--- START ---
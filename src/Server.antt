-- ===== src/Server.antt =====
-- knet/server.go: accepting, rejecting and shutting down.
-- A connection is known by its id here; what happens inside one is modelled in Connection. The
-- gauge of active connections is kept as its increments and its decrements. `live` are the ids of
-- the connections that were accepted and whose `stopOnce` has not run. The deadline on
-- the rejecting write is not modelled; whether listening
-- succeeds, and whether the connections stop in time, are arguments.
-- The children: Balance has what one call does to the books, Accounting what the counters, the
-- manager and the live connections have in common, Shutdown how a server ends, Setup what NewServer
-- makes, System the server with its worker pool, Endpoint the listener of the metrics,
-- Hooks its codec and its hooks.
pub mod Balance
pub mod Accounting
pub mod Shutdown
pub mod Setup
pub mod System
pub mod Endpoint
pub mod Hooks
mod Tests
use kinz.Base.{
  ℕ, zero, suc, ◌+◌, ◌%◌, ◌^◌, Bool, true, false, List, [], ◌∷◌, ◌++◌, Option, none, some, ℤ, ◌==◌,
  if◌then◌else◌,
}
use kinz.Codec.{TlvPack, new_tlv_pack_with_order, little_endian, new_message, pack}
use kinz.ConnManager.{
  ConnManager, ConnError, server_full, conn_not_found, new_conn_manager, add, remove, clear_conn,
}

pub record Server : Type 0 where
  pub conn_mgr : ConnManager ℕ
  pub codec : TlvPack
  pub started : Bool
  pub closed : Bool
  pub listening : Bool
  pub conn_id : ℕ
  pub conns_total : ℕ
  pub active_incs : ℕ
  pub active_decs : ℕ
  pub conns_closed : ℕ
  pub conns_rejected : ℕ
  pub live : List ℕ

pub data ServerError : Type 0 where
  already_started listen_failed shutdown_timed_out : ServerError

unfoldable pub new_server : ℤ → ℕ → Server
unfolding new_conn_manager new_tlv_pack_with_order
new_server max_conn max_packet_size = record {
  conn_mgr = new_conn_manager max_conn;
  codec = new_tlv_pack_with_order (some little_endian) max_packet_size;
  started = false;
  closed = false;
  listening = false;
  conn_id = 0;
  conns_total = 0;
  active_incs = 0;
  active_decs = 0;
  conns_closed = 0;
  conns_rejected = 0;
  live = [];
}

abbrev pub same_id : ℕ → ℕ
same_id c = c

-- The atomic counter wraps.
abbrev pub next_id : Server → ℕ
next_id s = (s.conn_id + 1) % 2 ^ 64

unfoldable pub handle_conn : Server → Server × Option ConnError
unfolding add
handle_conn s =
    let id = next_id s in
    let (mgr, err) = add same_id s.conn_mgr id in
    elim err [
      | some e ↦ (record s { conn_id = id }, some e)
      | none ↦ (
        record s {
          conn_mgr = mgr;
          conn_id = id;
          conns_total = s.conns_total + 1;
          active_incs = s.active_incs + 1;
          live = id ∷ s.live;
        },
        none,
      )
    ]

abbrev pub server_full_msg_id : ℕ
server_full_msg_id = 4294967294

-- `Error()`: "kinz: server reached max connections" and "kinz: connection not found".
abbrev pub error_text : ConnError → List ℕ
error_text server_full =
    107 ∷ 105 ∷ 110 ∷ 122 ∷ 58 ∷ 32 ∷ 115 ∷ 101 ∷ 114 ∷ 118 ∷ 101 ∷ 114 ∷ 32 ∷ 114 ∷ 101 ∷ 97 ∷ 99
    ∷ 104 ∷ 101 ∷ 100 ∷ 32 ∷ 109 ∷ 97 ∷ 120 ∷ 32 ∷ 99 ∷ 111 ∷ 110 ∷ 110 ∷ 101 ∷ 99 ∷ 116 ∷ 105 ∷ 111
    ∷ 110 ∷ 115 ∷ []
error_text conn_not_found =
    107 ∷ 105 ∷ 110 ∷ 122 ∷ 58 ∷ 32 ∷ 99 ∷ 111 ∷ 110 ∷ 110 ∷ 101 ∷ 99 ∷ 116 ∷ 105 ∷ 111 ∷ 110 ∷ 32
    ∷ 110 ∷ 111 ∷ 116 ∷ 32 ∷ 102 ∷ 111 ∷ 117 ∷ 110 ∷ 100 ∷ []

-- The bytes that a rejected peer is sent, beside the server.
unfoldable pub reject_conn : Server → ConnError → Server × List ℕ
unfolding pack new_message
reject_conn s cause = (
  record s { conns_rejected = s.conns_rejected + 1 },
  pack s.codec (new_message server_full_msg_id (error_text cause)),
)

-- One turn of `acceptLoop` with a connection: what `handleConn` refuses is rejected.
unfoldable pub after_handle : Server × Option ConnError → Server × List ℕ
unfolding reject_conn
after_handle (s, none) = (s, [])
after_handle (s, some cause) = reject_conn s cause

unfoldable pub accept_conn : Server → Server × List ℕ
unfolding handle_conn after_handle
accept_conn s = after_handle (handle_conn s)

abbrev pub member : ℕ → List ℕ → Bool
member id [] = false
member id (k ∷ ks) = if k == id then true else member id ks

abbrev pub remove_first : ℕ → List ℕ → List ℕ
remove_first id [] = []
remove_first id (k ∷ ks) = if k == id then ks else k ∷ remove_first id ks

-- What `stopOnce` of a connection does to its server, once.
unfoldable pub conn_stopped : Server → ℕ → Server
unfolding remove
conn_stopped s id =
    if member id s.live
    then record s {
      conn_mgr = remove same_id s.conn_mgr id;
      active_decs = s.active_decs + 1;
      conns_closed = s.conns_closed + 1;
      live = remove_first id s.live;
    }
    else s

abbrev pub stop_all : Server → List ℕ → Server
stop_all s [] = s
stop_all s (id ∷ ids) = stop_all (conn_stopped s id) ids

-- `Shutdown`. If the context is done first, the connections may still be stopping.
unfoldable pub shutdown : Server → Bool → Server × Option ServerError
unfolding clear_conn conn_stopped
shutdown s in_time =
    if s.closed
    then (s, none)
    else let (mgr, conns) = clear_conn s.conn_mgr in
      let emptied = record s { closed = true; listening = false; conn_mgr = mgr } in
      if in_time then (stop_all emptied conns, none) else (emptied, some shutdown_timed_out)

-- `Run` up to its wait for the context.
unfoldable pub run : Server → Bool → Server × Option ServerError
run s listens =
    if s.started
    then (s, some already_started)
    else if listens
    then (record s { started = true; listening = true }, none)
    else (record s { started = false }, some listen_failed)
--- END ---
All lines in the listing above between the line with "next_id s = (s.conn_id + 1) % 2 ^ 64" and the line with "-- One turn", inclusive, should be set down exactly, and no line outside that range.

▶ _Task result_:
next_id s = (s.conn_id + 1) % 2 ^ 64

unfoldable pub handle_conn : Server → Server × Option ConnError
unfolding add
handle_conn s =
    let id = next_id s in
    let (mgr, err) = add same_id s.conn_mgr id in
    elim err [
      | some e ↦ (record s { conn_id = id }, some e)
      | none ↦ (
        record s {
          conn_mgr = mgr;
          conn_id = id;
          conns_total = s.conns_total + 1;
          active_incs = s.active_incs + 1;
          live = id ∷ s.live;
        },
        none,
      )
    ]

abbrev pub server_full_msg_id : ℕ
server_full_msg_id = 4294967294

-- `Error()`: "kinz: server reached max connections" and "kinz: connection not found".
abbrev pub error_text : ConnError → List ℕ
error_text server_full =
    107 ∷ 105 ∷ 110 ∷ 122 ∷ 58 ∷ 32 ∷ 115 ∷ 101 ∷ 114 ∷ 118 ∷ 101 ∷ 114 ∷ 32 ∷ 114 ∷ 101 ∷ 97 ∷ 99
    ∷ 104 ∷ 101 ∷ 100 ∷ 32 ∷ 109 ∷ 97 ∷ 120 ∷ 32 ∷ 99 ∷ 111 ∷ 110 ∷ 110 ∷ 101 ∷ 99 ∷ 116 ∷ 105 ∷ 111
    ∷ 110 ∷ 115 ∷ []
error_text conn_not_found =
    107 ∷ 105 ∷ 110 ∷ 122 ∷ 58 ∷ 32 ∷ 99 ∷ 111 ∷ 110 ∷ 110 ∷ 101 ∷ 99 ∷ 116 ∷ 105 ∷ 111 ∷ 110 ∷ 32
    ∷ 110 ∷ 111 ∷ 116 ∷ 32 ∷ 102 ∷ 111 ∷ 117 ∷ 110 ∷ 100 ∷ []

-- The bytes that a rejected peer is sent, beside the server.
unfoldable pub reject_conn : Server → ConnError → Server × List ℕ
unfolding pack new_message
reject_conn s cause = (
  record s { conns_rejected = s.conns_rejected + 1 },
  pack s.codec (new_message server_full_msg_id (error_text cause)),
)

-- One turn of `acceptLoop` with a connection: what `handleConn` refuses is rejected.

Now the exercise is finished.